## Your goal
Give an exact copy of the data that follows.

►

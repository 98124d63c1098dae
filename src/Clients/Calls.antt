-- ===== src/Clients/Calls.antt =====
-- What one call of the library comes to, with the broker in any state that it comes to.
use vmnet_broker.Base.{
  ℕ, ◌≡◌, refl, sym, ap, subst, ◌∙◌, Option, some, List, ◌∷◌, ℤ, CString, lookup, erase, insert,
  arith,
}
use vmnet_broker.Machine.{Reply, replies, Context, State, ok, and_then, CoreFoundation}
use vmnet_broker.Machine.Returns
use vmnet_broker.Machine.Returns.{Returns, returns}
use vmnet_broker.Network.Contract.{Consistent, Settled}
use vmnet_broker.Broker.{Env, on_peer_request}
use vmnet_broker.Broker.Requests.{IsServable}
use vmnet_broker.Client.{
  Client, retain, read_reply, reply_object, message, deliver, vmnet_broker_acquire_network,
}
use vmnet_broker.Client.Outcome.{
  Received, acquire_end_to_end, vmnet_broker_acquire_network-IsResult,
}
use vmnet_broker.System.{Peers, step}
use vmnet_broker.System.Peers.{total, total-owners}
use vmnet_broker.System.Invariant.{requests}
use vmnet_broker.System.Invariant.Steps.{on_request}
use vmnet_broker.System.Safety.{Reach, next, Reach-SystemInv}
use vmnet_broker.Clients.{new_reply, asks, returned, call}

new_reply-sent :
    (c : ℕ) (r : Reply) (before after : List (ℕ × Reply))
    → after ≡ (c, r) ∷ before
    → new_reply c before after ≡ some r
new_reply-sent c r before after e = rw e (ground arith)

-- A call that returns, with what the broker did meanwhile.
pub record Done (cf : CoreFoundation) (env : Env) (c mach_service : ℕ) (name : CString)
    (client : Client) (peers : Peers) (s : State) (ctx : Context) (P : Context → State → Type 0)
    : Type 0 where
  pub reply : Reply
  pub context : Context
  pub state : State
  pub ran : step cf env (asks c name) peers s ≡ ok (insert c context peers) state
  pub replied : replies state.effects ≡ (c, reply) ∷ replies s.effects
  pub came :
      call cf env c mach_service name client peers s
      ≡ ok (returned mach_service name client (some reply), insert c context peers) state
  pub received : Received name ctx context state (read_reply (reply_object reply))
  pub also : P context state

pub acquire-read :
    (mach_service : ℕ) (r : Reply) (name : CString) (client : Client)
    → (vmnet_broker_acquire_network mach_service (λ _ _. reply_object r) name client).0
      ≡ read_reply (reply_object r)
unfolding vmnet_broker_acquire_network
acquire-read mach_service r name client = refl

module _ {cf : CoreFoundation} {peers : Peers} {s : State} (reach : Reach cf peers s) (env : Env)
    (c mach_service : ℕ) (name : CString) (client : Client) (ctx : Context)
    (found : lookup c peers ≡ some ctx)
    (can : IsServable cf env.outcomes (deliver (message name)) s) where
  answered :
      Returns
        (λ ctx' s'.
          (r : Reply) × (replies s'.effects ≡ (c, r) ∷ replies s.effects)
          × Received name ctx ctx' s' (read_reply (reply_object r)))
        (on_peer_request cf env.outcomes ctx (deliver (message name)) s)
  answered =
      let inv = Reach-SystemInv reach in
      let (v, same) = inv.contexts c ctx found in
      let e = total-owners c ctx peers inv.unique found in
      Returns.weaken
        (acquire_end_to_end cf (total (erase c peers)) env.outcomes name ctx s v
          (subst (λ own. Consistent cf own s) e inv.consistent)
          (subst (Settled s.heap) e inv.settled) can)
        λ ctx' s' (r, replied, received).
          (r, replied ∙ ap (λ d. (d, r) ∷ replies s.effects) same, received)

  Done-of_Returns :
      {P : Context → State → Type 0}
      → Returns
          (λ ctx' s'.
            ((r : Reply) × (replies s'.effects ≡ (c, r) ∷ replies s.effects)
              × Received name ctx ctx' s' (read_reply (reply_object r)))
            × P ctx' s')
          (on_peer_request cf env.outcomes ctx (deliver (message name)) s)
      → Done cf env c mach_service name client peers s ctx P
  unfolding call step
  Done-of_Returns r =
      let (ctx', s', ran, ((reply, replied, received), also)) = Returns.result r in
      let stepped : step cf env (asks c name) peers s ≡ ok (insert c ctx' peers) s' =
        on_request cf env peers s c ctx (deliver (message name)) found
        ∙ ap (λ x. and_then x (λ ctx' s'. ok (insert c ctx' peers) s')) ran in
      record {
        reply = reply;
        context = ctx';
        state = s';
        ran = stepped;
        replied = replied;
        came =
            rw stepped
              (rw (new_reply-sent c reply (replies s.effects) (replies s'.effects) replied) refl);
        received = received;
        also = also;
      }

  pub call-Done :
      {P : Context → State → Type 0}
      → Returns P (on_peer_request cf env.outcomes ctx (deliver (message name)) s)
      → Done cf env c mach_service name client peers s ctx P
  call-Done r = Done-of_Returns (Returns.both answered r)

  pub call_done : Done cf env c mach_service name client peers s ctx (λ _ _. Unit)
  call_done = call-Done (Returns.weaken answered λ _ _ _. tt)

  -- A step that the invariant allows.
  pub Done-Reach :
      {P : Context → State → Type 0} (d : Done cf env c mach_service name client peers s ctx P)
      → Reach cf (insert c d.context peers) d.state
  Done-Reach d = next env (asks c name) reach (requests ctx found can) d.ran

  -- The step and the reply of a call are those of its request.
  pub Done-same :
      {P : Context → State → Type 0} {peers₂ : Peers} {s₂ : State} {r : Reply}
      (d : Done cf env c mach_service name client peers s ctx P)
      → step cf env (asks c name) peers s ≡ ok peers₂ s₂
      → new_reply c (replies s.effects) (replies s₂.effects) ≡ some r
      → (insert c d.context peers ≡ peers₂) × (d.state ≡ s₂) × (d.reply ≡ r)
  Done-same {peers₂} {s₂} d ran sent =
      let same = sym d.ran ∙ ran in
      let after : d.state ≡ s₂ = cc same in
      let came =
        new_reply-sent c d.reply (replies s.effects) (replies s₂.effects)
          (ap (λ t. replies t.effects) (sym after) ∙ d.replied) in
      (cc same, after, cc (sym came ∙ sent))

  -- A call of the library over an open connection, with the broker in a state that it comes to,
  -- returns, if its request can be served. It returns success and a live network of that name,
  -- which the connection holds from then on and which the library has retained, or no network
  -- and one of NOT_FOUND, CREATE_FAILURE and INTERNAL_ERROR with its reason, and then the
  -- connection holds what it held. The broker goes on in a state that it comes to.
  pub call-Received :
      Returns
        (λ (got, peers') s'.
          (result : Option ℕ × ℤ) × (client' : Client) × (ctx' : Context) × (got
            ≡ some (result, client'))
          × Received name ctx ctx' s' result
          × (client'.retained ≡ retain result.0 client.retained)
          × (peers' ≡ insert c ctx' peers)
          × Reach cf peers' s')
        (call cf env c mach_service name client peers s)
  call-Received =
      let d = call_done in
      let kept =
        vmnet_broker_acquire_network-IsResult mach_service (λ _ _. reply_object d.reply) name
          client in
      let e = acquire-read mach_service d.reply name client in
      rw d.came (
        returns (
          _,
          _,
          d.context,
          refl,
          subst (Received name ctx d.context d.state) (sym e) d.received,
          kept.1,
          refl,
          Done-Reach d,
        ))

◄

## Answer space
repository 98124d63c1098dae
filename src/Clients/Calls.antt
-- ===== src/Clients/Calls.antt =====
-- What one call of the library comes to, with the broker in any state that it comes to.
use vmnet_broker.Base.{
  ℕ, ◌≡◌, refl, sym, ap, subst, ◌∙◌, Option, some, List, ◌∷◌, ℤ, CString, lookup, erase, insert,
  arith,
}
use vmnet_broker.Machine.{Reply, replies, Context, State, ok, and_then, CoreFoundation}
use vmnet_broker.Machine.Returns
use vmnet_broker.Machine.Returns.{Returns, returns}
use vmnet_broker.Network.Contract.{Consistent, Settled}
use vmnet_broker.Broker.{Env, on_peer_request}
use vmnet_broker.Broker.Requests.{IsServable}
use vmnet_broker.Client.{
  Client, retain, read_reply, reply_object, message, deliver, vmnet_broker_acquire_network,
}
use vmnet_broker.Client.Outcome.{
  Received, acquire_end_to_end, vmnet_broker_acquire_network-IsResult,
}
use vmnet_broker.System.{Peers, step}
use vmnet_broker.System.Peers.{total, total-owners}
use vmnet_broker.System.Invariant.{requests}
use vmnet_broker.System.Invariant.Steps.{on_request}
use vmnet_broker.System.Safety.{Reach, next, Reach-SystemInv}
use vmnet_broker.Clients.{new_reply, asks, returned, call}

new_reply-sent :
    (c : ℕ) (r : Reply) (before after : List (ℕ × Reply))
    → after ≡ (c, r) ∷ before
    → new_reply c before after ≡ some r
new_reply-sent c r before after e = rw e (ground arith)

-- A call that returns, with what the broker did meanwhile.
pub record Done (cf : CoreFoundation) (env : Env) (c mach_service : ℕ) (name : CString)
    (client : Client) (peers : Peers) (s : State) (ctx : Context) (P : Context → State → Type 0)
    : Type 0 where
  pub reply : Reply
  pub context : Context
  pub state : State
  pub ran : step cf env (asks c name) peers s ≡ ok (insert c context peers) state
  pub replied : replies state.effects ≡ (c, reply) ∷ replies s.effects
  pub came :
      call cf env c mach_service name client peers s
      ≡ ok (returned mach_service name client (some reply), insert c context peers) state
  pub received : Received name ctx context state (read_reply (reply_object reply))
  pub also : P context state

pub acquire-read :
    (mach_service : ℕ) (r : Reply) (name : CString) (client : Client)
    → (vmnet_broker_acquire_network mach_service (λ _ _. reply_object r) name client).0
      ≡ read_reply (reply_object r)
unfolding vmnet_broker_acquire_network
acquire-read mach_service r name client = refl

module _ {cf : CoreFoundation} {peers : Peers} {s : State} (reach : Reach cf peers s) (env : Env)
    (c mach_service : ℕ) (name : CString) (client : Client) (ctx : Context)
    (found : lookup c peers ≡ some ctx)
    (can : IsServable cf env.outcomes (deliver (message name)) s) where
  answered :
      Returns
        (λ ctx' s'.
          (r : Reply) × (replies s'.effects ≡ (c, r) ∷ replies s.effects)
          × Received name ctx ctx' s' (read_reply (reply_object r)))
        (on_peer_request cf env.outcomes ctx (deliver (message name)) s)
  answered =
      let inv = Reach-SystemInv reach in
      let (v, same) = inv.contexts c ctx found in
      let e = total-owners c ctx peers inv.unique found in
      Returns.weaken
        (acquire_end_to_end cf (total (erase c peers)) env.outcomes name ctx s v
          (subst (λ own. Consistent cf own s) e inv.consistent)
          (subst (Settled s.heap) e inv.settled) can)
        λ ctx' s' (r, replied, received).
          (r, replied ∙ ap (λ d. (d, r) ∷ replies s.effects) same, received)

  Done-of_Returns :
      {P : Context → State → Type 0}
      → Returns
          (λ ctx' s'.
            ((r : Reply) × (replies s'.effects ≡ (c, r) ∷ replies s.effects)
              × Received name ctx ctx' s' (read_reply (reply_object r)))
            × P ctx' s')
          (on_peer_request cf env.outcomes ctx (deliver (message name)) s)
      → Done cf env c mach_service name client peers s ctx P
  unfolding call step
  Done-of_Returns r =
      let (ctx', s', ran, ((reply, replied, received), also)) = Returns.result r in
      let stepped : step cf env (asks c name) peers s ≡ ok (insert c ctx' peers) s' =
        on_request cf env peers s c ctx (deliver (message name)) found
        ∙ ap (λ x. and_then x (λ ctx' s'. ok (insert c ctx' peers) s')) ran in
      record {
        reply = reply;
        context = ctx';
        state = s';
        ran = stepped;
        replied = replied;
        came =
            rw stepped
              (rw (new_reply-sent c reply (replies s.effects) (replies s'.effects) replied) refl);
        received = received;
        also = also;
      }

  pub call-Done :
      {P : Context → State → Type 0}
      → Returns P (on_peer_request cf env.outcomes ctx (deliver (message name)) s)
      → Done cf env c mach_service name client peers s ctx P
  call-Done r = Done-of_Returns (Returns.both answered r)

  pub call_done : Done cf env c mach_service name client peers s ctx (λ _ _. Unit)
  call_done = call-Done (Returns.weaken answered λ _ _ _. tt)

  -- A step that the invariant allows.
  pub Done-Reach :
      {P : Context → State → Type 0} (d : Done cf env c mach_service name client peers s ctx P)
      → Reach cf (insert c d.context peers) d.state
  Done-Reach d = next env (asks c name) reach (requests ctx found can) d.ran

  -- The step and the reply of a call are those of its request.
  pub Done-same :
      {P : Context → State → Type 0} {peers₂ : Peers} {s₂ : State} {r : Reply}
      (d : Done cf env c mach_service name client peers s ctx P)
      → step cf env (asks c name) peers s ≡ ok peers₂ s₂
      → new_reply c (replies s.effects) (replies s₂.effects) ≡ some r
      → (insert c d.context peers ≡ peers₂) × (d.state ≡ s₂) × (d.reply ≡ r)
  Done-same {peers₂} {s₂} d ran sent =
      let same = sym d.ran ∙ ran in
      let after : d.state ≡ s₂ = cc same in
      let came =
        new_reply-sent c d.reply (replies s.effects) (replies s₂.effects)
          (ap (λ t. replies t.effects) (sym after) ∙ d.replied) in
      (cc same, after, cc (sym came ∙ sent))

  -- A call of the library over an open connection, with the broker in a state that it comes to,
  -- returns, if its request can be served. It returns success and a live network of that name,
  -- which the connection holds from then on and which the library has retained, or no network
  -- and one of NOT_FOUND, CREATE_FAILURE and INTERNAL_ERROR with its reason, and then the
  -- connection holds what it held. The broker goes on in a state that it comes to.
  pub call-Received :
      Returns
        (λ (got, peers') s'.
          (result : Option ℕ × ℤ) × (client' : Client) × (ctx' : Context) × (got
            ≡ some (result, client'))
          × Received name ctx ctx' s' result
          × (client'.retained ≡ retain result.0 client.retained)
          × (peers' ≡ insert c ctx' peers)
          × Reach cf peers' s')
        (call cf env c mach_service name client peers s)
  call-Received =
      let d = call_done in
      let kept =
        vmnet_broker_acquire_network-IsResult mach_service (λ _ _. reply_object d.reply) name
          client in
      let e = acquire-read mach_service d.reply name client in
      rw d.came (
        returns (
          _,
          _,
          d.context,
          refl,
          subst (Received name ctx d.context d.state) (sym e) d.received,
          kept.1,
          refl,
          Done-Reach d,
        ))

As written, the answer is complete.